Metro Manila (CNN Philippines, January 26) — The Department of Justice (DOJ) filed charges against four suspects for cybercrime and violations of the Access Devices Regulation Act, in connection with the massive hacking incident at BDO last month.
In a briefer dated Jan. 25, the DOJ said it resolved to file charges against Jherom Anthony Diawan Taupa, Ronelyn Panaligan, Clay S. Revillosa, and Nigerian national Ifesinachi Fountain Anaekwe.
The National Bureau Investigation (NBI) earlier arrested the suspects and another Nigerian national, Chukwuemeka Peter Nwadi, during entrapment operations.
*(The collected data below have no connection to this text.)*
-- ===== src/Tcp/Header/RoundTrip.antt =====
-- `ParseHeader` reads back the headers that `Marshal` writes.
use mathlib.Core.List.{append_assoc, append-nil}
use gonet.Prelude.{
  ℕ, zero, suc, ◌+◌, ◌-◌, ◌*◌, ◌/◌, ◌%◌, ◌^◌, ◌≤◌, ◌<◌, ◌≡◌, refl, sym, ap, ◌∙◌, inl, inr, List, [],
  ◌∷◌, ◌++◌, arith, ltb, ltb_false→le, le→ltb_false, eq→==, ne→==_false, Bool-cases, length,
  replicate, All, length-append, length-replicate, take-append, u8, ok, byte_at, slice,
}
use gonet.Tcp.Header.{
  Header, TcpOption, parse_header, parse_options, read_fields, next_option, stop, encode_options,
  pad_loop, padded_options, layout, marshal,
}
use gonet.Tcp.Header.Options.{IsOption, length-encode_options, parse_options-encode}

-- The fields fit their widths, and the options fit into the 40 bytes that the data offset can span.
pub record IsValid (h : Header) : Type 0 where
  pub src_port_fits : h.src_port < 65536
  pub dst_port_fits : h.dst_port < 65536
  pub seq_num_fits : h.seq_num < 2 ^ 32
  pub ack_num_fits : h.ack_num < 2 ^ 32
  pub flags_fit : h.flags < 256
  pub window_fits : h.window < 65536
  pub checksum_fits : h.checksum < 65536
  pub urgent_fits : h.urgent < 65536
  pub options_wire : All IsOption h.options
  pub options_fit : length (encode_options h.options) ≤ 40

-- How many end-of-list bytes fill up the last group of four.
abbrev pub pad_count : ℕ → ℕ
pad_count n = (4 - n % 4) % 4

pad_loop-replicate :
    (fuel k : ℕ) (bytes : List ℕ)
    → (length bytes + k) % 4 ≡ 0
    → k ≤ fuel
    → k < 4
    → pad_loop fuel bytes ≡ bytes ++ replicate k 0
unfolding pad_loop
pad_loop-replicate zero zero bytes m h lt = sym (append-nil bytes)
pad_loop-replicate zero (suc k) bytes m h lt = absurd (omega arith)
pad_loop-replicate (suc fuel) zero bytes m h lt =
    rw (eq→== ((20 + length bytes) % 4) 0 (omega arith)) (sym (append-nil bytes))
pad_loop-replicate (suc fuel) (suc k) bytes m h lt =
    rw (ne→==_false ((20 + length bytes) % 4) 0 (omega arith)) (
      pad_loop-replicate fuel k (bytes ++ (0 ∷ [])) (omega (arith, length-append bytes (0 ∷ [])))
        (omega arith) (omega arith)
      ∙ append_assoc bytes (0 ∷ []) (replicate k 0))

-- Three rounds of the padding loop fill the options up to a multiple of four bytes.
pub padded_options-eq :
    (h : Header)
    → padded_options h
      ≡ encode_options h.options ++ replicate (pad_count (length (encode_options h.options))) 0
unfolding padded_options
padded_options-eq h =
    pad_loop-replicate 3 (pad_count (length (encode_options h.options))) (encode_options h.options)
      (omega arith) (omega arith) (omega arith)

pub length-padded_options :
    (h : Header)
    → length (padded_options h)
      ≡ length (encode_options h.options) + pad_count (length (encode_options h.options))
length-padded_options h =
    ap length (padded_options-eq h)
    ∙ length-append (encode_options h.options)
        (replicate (pad_count (length (encode_options h.options))) 0)
    ∙ ap (λ k. length (encode_options h.options) + k)
        (length-replicate (pad_count (length (encode_options h.options))) 0)

zeros-stop : (k : ℕ) → next_option (replicate k 0) ≡ stop
unfolding next_option
zeros-stop zero = refl
zeros-stop (suc k) = refl

parse_padded :
    (h : Header) → All IsOption h.options → parse_options (padded_options h) ≡ ok h.options
parse_padded h v = rw padded_options-eq (
    parse_options-encode h.options (replicate (pad_count (length (encode_options h.options))) 0) v
      (zeros-stop (pad_count (length (encode_options h.options)))))

-- Behind the checks, `ParseHeader` reads the options of the bytes that the data offset spans.
pub parse_header_accepts :
    (raw options_bytes : List ℕ) (options : List TcpOption) (offset : ℕ)
    → byte_at raw 12 / 2 ^ 4 ≡ offset
    → 5 ≤ offset
    → offset * 4 ≤ length raw
    → slice raw 20 (offset * 4) ≡ options_bytes
    → parse_options options_bytes ≡ ok options
    → (offset ≡ 5 → options ≡ [])
    → parse_header raw ≡ ok (read_fields raw options)
unfolding parse_header
parse_header_accepts raw options_bytes options offset nibble low fits here parsed empty =
    rw
      (
        nibble,
        le→ltb_false (length raw) 20 (omega arith),
        le→ltb_false offset 5 low,
        le→ltb_false (length raw) (offset * 4) fits,
      )
      (elim (Bool-cases (ltb 20 (offset * 4))) [
        | inl more ↦ rw (more, here, parsed)
        | inr plain ↦ rw plain (
            ap (λ o. ok (read_fields raw o))
              (sym (empty (omega (arith, low, ltb_false→le 20 (offset * 4) plain)))))
      ])

layout_read :
    (h : Header) (options_bytes payload : List ℕ) (v : IsValid h) (off : ℕ)
    → off < 16
    → read_fields (layout (record h { data_offset = off }) options_bytes ++ payload) h.options
      ≡ record h { data_offset = off }
unfolding read_fields layout
layout_read h options_bytes payload v off lt = λ i. record {
  src_port = two h.src_port v.src_port_fits i;
  dst_port = two h.dst_port v.dst_port_fits i;
  seq_num = four h.seq_num v.seq_num_fits i;
  ack_num = four h.ack_num v.ack_num_fits i;
  data_offset = nibble i;
  flags = h.flags;
  window = two h.window v.window_fits i;
  checksum = two h.checksum v.checksum_fits i;
  urgent = two h.urgent v.urgent_fits i;
  options = h.options;
}
  where
    two : (x : ℕ) → x < 65536 → x / 256 % 256 * 256 + x % 256 ≡ x
    two x fits = omega arith

    four :
        (x : ℕ)
        → x < 2 ^ 32
        → (x / 16777216 % 256 * 256 + x / 65536 % 256) * 65536 + (x / 256 % 256 * 256 + x % 256) ≡ x
    four x fits = omega arith

    nibble : off * 2 ^ 4 % 2 ^ 8 / 2 ^ 4 ≡ off
    nibble = omega arith

-- The data offset that `Marshal` computes, for options that fit.
pub offset_of :
    (h : Header)
    → IsValid h
    → (u8 (20 + length (padded_options h)) / 4 < 16)
      × (u8 (20 + length (padded_options h)) / 4 * 4 ≡ 20 + length (padded_options h))
offset_of h v = omega (arith, length-padded_options h, v.options_fit)

no_options : (opts : List TcpOption) → length opts ≤ 0 → opts ≡ []
no_options [] h = refl
no_options (opt ∷ opts) h = absurd (omega arith)

length-layout :
    (h : Header) (options_bytes : List ℕ)
    → length (layout h options_bytes) ≡ 20 + length options_bytes
unfolding layout
length-layout h options_bytes = omega arith

layout_options :
    (h : Header) (options_bytes payload : List ℕ) (n : ℕ)
    → length options_bytes ≡ n
    → slice (layout h options_bytes ++ payload) 20 (20 + n) ≡ options_bytes
unfolding layout
layout_options h options_bytes payload n e =
    take-append (20 + n - 20) options_bytes payload (omega arith)

-- A segment that starts with the bytes of `Marshal` is parsed to the header that `Marshal` leaves,
-- for a header whose fields fit and whose options are well formed and take at most 40 bytes.
pub tcp_parse_header-marshal :
    (h : Header) (payload : List ℕ)
    → IsValid h
    → parse_header ((marshal h).0 ++ payload) ≡ ok (marshal h).1
unfolding marshal
tcp_parse_header-marshal h payload v =
    parse_header_accepts raw (padded_options h) h.options off nibble (omega (arith, fits))
      (omega (arith, fits, long))
      (ap (slice raw 20) fits.1
        ∙ layout_options sent (padded_options h) payload (length (padded_options h)) refl)
      (parse_padded h v.options_wire)
      (λ five. no_options h.options (
        omega (
          arith,
          five,
          fits,
          length-padded_options h,
          length-encode_options h.options v.options_wire,
        )))
    ∙ ap ok (layout_read h (padded_options h) payload v off fits.0)
  where
    off : ℕ
    off = u8 (20 + length (padded_options h)) / 4

    fits : (off < 16) × (off * 4 ≡ 20 + length (padded_options h))
    fits = offset_of h v

    sent : Header
    sent = record h { data_offset = off }

    raw : List ℕ
    raw = layout sent (padded_options h) ++ payload

    nibble : byte_at raw 12 / 2 ^ 4 ≡ off
    nibble = unfold layout in omega (arith, fits)

    long : 20 + length (padded_options h) ≤ length raw
    long = omega (
      arith,
      length-append (layout sent (padded_options h)) payload,
      length-layout sent (padded_options h),
    )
But only the four were facing charges, while a similar complaint against Nwadi was referred for further investigation.
According to the NBI Cybercrime Division (NBI-CCD), the modus involved illegally accessing the banking system and transferring the money to dummy accounts. So-called “money mules” would withdraw the stolen cash and earn commissions. A number of transfers would then take place before moving the money to the syndicate’s accounts.
The NBI-CCD said each individual had a vital role in the operation.
Anaekwe, also known as Daddy Champ, was said to be working for the Mark Nagoyo Group. He was caught offering different company accounts as “dropping accounts” that could be used to transfer P10 million. Anaekwe was charged with access devices fraud, and a hold departure order would also be filed against him.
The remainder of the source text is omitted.